San Francisco

Niners' Success Driven by Executing and Defending the Passing Game

San Francisco leads the NFL in its combination of success in producing yards per pass attempt and stopping opponents in their passing games

The 49ers are solid favorites to beat Washington Sunday. San Francisco is 5-0, coming off a big victory over the NFC West-rival Rams, and its offense and defense are humming along efficiently. Washington has won just one of six games.

Oddsmakers have the 49ers as 9-  to 10-point favorites.

Yet Niners head coach Kyle Shanahan – whose team ranks No. 3 in the NFL in total offense and No. 2 in total defense – still wants to see more from his team.

"We’re 5-0, which is a great thing, but we’re not playing our best ball," Shanahan told reporters this week. "We can do a lot of things better than that. We can continue to get better on offense. We can continue to get better on special teams. I also think our defense is just getting started, too."

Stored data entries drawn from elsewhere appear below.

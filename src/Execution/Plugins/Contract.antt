-- ===== src/Execution/Plugins/Contract.antt =====
-- What every proposal of the plugins is like.
use aimos.Prelude.{
  ◌≡◌, ◌⊎◌, String, Bool, true, ◌||◌, none, some, arith, is_some, str_eq, if◌then◌else◌,
}
use aimos.Prelude.Floats.{Floats}
use aimos.Schemas.{
  is_no_trade, Regime, trending_up, trending_down, ranging, breakout, crash, recovery, same_regime,
  TradePlan, MarketUnderstanding, ExecContext,
}
use aimos.Execution.Plugins.Trend.{
  TrendCfg, PullbackCfg, trend_following, trend_plan, pullback, pullback_plan,
}
use aimos.Execution.Plugins.Range.{
  BreakoutCfg, MeanReversionCfg, breakout_plan, breakout_of, breakout_trade, reversion_plan,
  mean_reversion,
}
use aimos.Execution.Plugins.Contrarian.{DcaCfg, FundingCfg, dca_plan, smart_dca, funding_rate}
use aimos.Execution.Plugins.Arb.{
  ArbCfg, ScalpCfg, arb_plan, cross_exchange_arb, scalp_plan, scalp_of, momentum_scalp,
}

-- The regimes in which a plugin may trade.
abbrev pub trades_in : String → Regime → Bool
trades_in plugin r =
    if str_eq plugin "TrendFollowing" || str_eq plugin "Pullback"
    then same_regime r trending_up || same_regime r trending_down
    else if str_eq plugin "Breakout"
    then same_regime r breakout
    else if str_eq plugin "MeanReversion"
    then same_regime r ranging
    else if str_eq plugin "SmartDCA"
    then same_regime r crash || same_regime r recovery
    else true

module _ {F : Type 0} ⦃fl : Floats F⦄ (mu : MarketUnderstanding F) where
  -- A plan without a size, about the symbol at hand, of a plugin that may trade in this regime, which
  -- trades nothing or has an entry, a stop and a target.
  pub record IsProposal (p : TradePlan F) : Type 0 where
    pub unsized : p.size_quote ≡ none
    pub same_symbol : p.symbol ≡ mu.symbol
    pub in_regime : trades_in p.plugin mu.regime ≡ true
    pub levels :
        (is_no_trade p.action ≡ true)
        ⊎ ((is_some p.entry ≡ true) × (is_some p.stop_loss ≡ true) × (is_some p.take_profit ≡ true))

  abbrev pub IsPriced : String → TradePlan F → Type 0
  IsPriced plugin p =
      (p.size_quote ≡ none)
      × (p.symbol ≡ mu.symbol)
      × (p.plugin ≡ plugin)
      × (is_some p.entry ≡ true)
      × (is_some p.stop_loss ≡ true)
      × (is_some p.take_profit ≡ true)

  module _ (ctx : ExecContext F) where
    pub trend_following-IsPriced :
        (cfg : TrendCfg F) (p : TradePlan F)
        → trend_following cfg mu ctx ≡ some p
        → IsPriced "TrendFollowing" p
    unfolding trend_following trend_plan
    trend_following-IsPriced cfg p h = ground (arith, h)

    pub pullback-IsPriced :
        (cfg : PullbackCfg F) (p : TradePlan F)
        → pullback cfg mu ctx ≡ some p
        → IsPriced "Pullback" p
    unfolding pullback pullback_plan
    pullback-IsPriced cfg p h = ground (arith, h)

    pub breakout_trade-IsPriced :
        (cfg : BreakoutCfg F) (p : TradePlan F)
        → breakout_trade cfg mu ctx ≡ some p
        → IsPriced "Breakout" p
    unfolding breakout_trade breakout_of breakout_plan
    breakout_trade-IsPriced cfg p h = ground (arith, h)

    pub mean_reversion-IsPriced :
        (cfg : MeanReversionCfg F) (p : TradePlan F)
        → mean_reversion cfg mu ctx ≡ some p
        → IsPriced "MeanReversion" p
    unfolding mean_reversion reversion_plan
    mean_reversion-IsPriced cfg p h = ground (arith, h)

    pub smart_dca-IsPriced :
        (cfg : DcaCfg F) (p : TradePlan F)
        → smart_dca cfg mu ctx ≡ some (some p)
        → IsPriced "SmartDCA" p
    unfolding smart_dca dca_plan
    smart_dca-IsPriced cfg p h = ground (arith, h)

    pub funding_rate-IsPriced :
        (cfg : FundingCfg F) (p : TradePlan F)
        → funding_rate cfg mu ctx ≡ some p
        → IsPriced "FundingRate" p
    unfolding funding_rate
    funding_rate-IsPriced cfg p h = ground (arith, h)

    pub cross_exchange_arb-IsPriced :
        (cfg : ArbCfg F) (p : TradePlan F)
        → cross_exchange_arb cfg mu ctx ≡ some p
        → IsPriced "CrossExchangeArb" p
    unfolding cross_exchange_arb arb_plan
    cross_exchange_arb-IsPriced cfg p h = ground (arith, h)

    pub momentum_scalp-IsPriced :
        (cfg : ScalpCfg F) (p : TradePlan F)
        → momentum_scalp cfg mu ctx ≡ some p
        → IsPriced "MomentumScalp" p
    unfolding momentum_scalp scalp_of scalp_plan
    momentum_scalp-IsPriced cfg p h = ground (arith, h)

It’s San Francisco’s defense that is getting most of the attention so far. The 49ers group leads the NFL in forcing opponents to go three-and-out, at a rate of 48 percent. It also ranks first in the NFL in red-zone efficiency, allowing touchdowns at a rate of just 25 percent. And, it just throttled a Rams team that has been one of the NFL's most explosive the past three seasons.

But there’s another obscure stat that points to the 49ers’ passing-game prowess – on both offense and defense – that may be the foundation of the team’s success, and an indicator of more good things to come.

Michael Salfino and Neil Paine of the statistical-analysis website FiveThirtyEight.com wrote this week that the 49ers are the best in the NFL in a statistic called yards per dropback. The 49ers average 7.5 yards every time quarterback Jimmy Garoppolo drops back to pass (minus yards lost in sacks), plus the defense gives up just 4.4 yards every time an opponent drops back to pass. The 49ers’ 3.1-yard differential in those categories makes the team No. 1 in the NFL, just ahead of the NFL’s only other undefeated team, the New England Patriots (at 2.9).

Salfino and Paine write that historically, this differential is significant.

"The statistic, along with turnover differential, is one of the most predictive of success in football," they wrote. (The Niners are tied for sixth in the league in that category, at plus-2, with 12 takeaways on defense and 10 turnovers on offense – an area that Shanahan no doubt wants to improve.)

The FiveThirtyEight writers point out that the five NFL teams with a 2.0 or better differential in this yards per dropback stat are 22-7. Teams with a differential of 1.0 or worse are 12-31-1.

Also, the 49ers’ 3.1 differential in yards per dropback is better than any of the five previous 49ers teams that won the Super Bowl.

The authors caution that the 49ers’ success could drop, with still 11 games left to play – but it may be unlikely.

Write Salfino and Paine: "Can the 49ers sustain this level of dominance? Ideally a team’s passing differential would be built more on a foundation of offense than defense, since defense is less reliable (in this offense-dominated era of the NFL).

"While the 49ers rank second in limiting yards per pass play (4.4), they are no slouches in gaining these yards, either, ranking fifth (7.5). So both units would have to regress a fair amount to push the team below a level of 2.0 net yards – a mark that, on average, results in a 12- to 13-win season."

Sunday’s game in Washington is set to kick off at 10 a.m.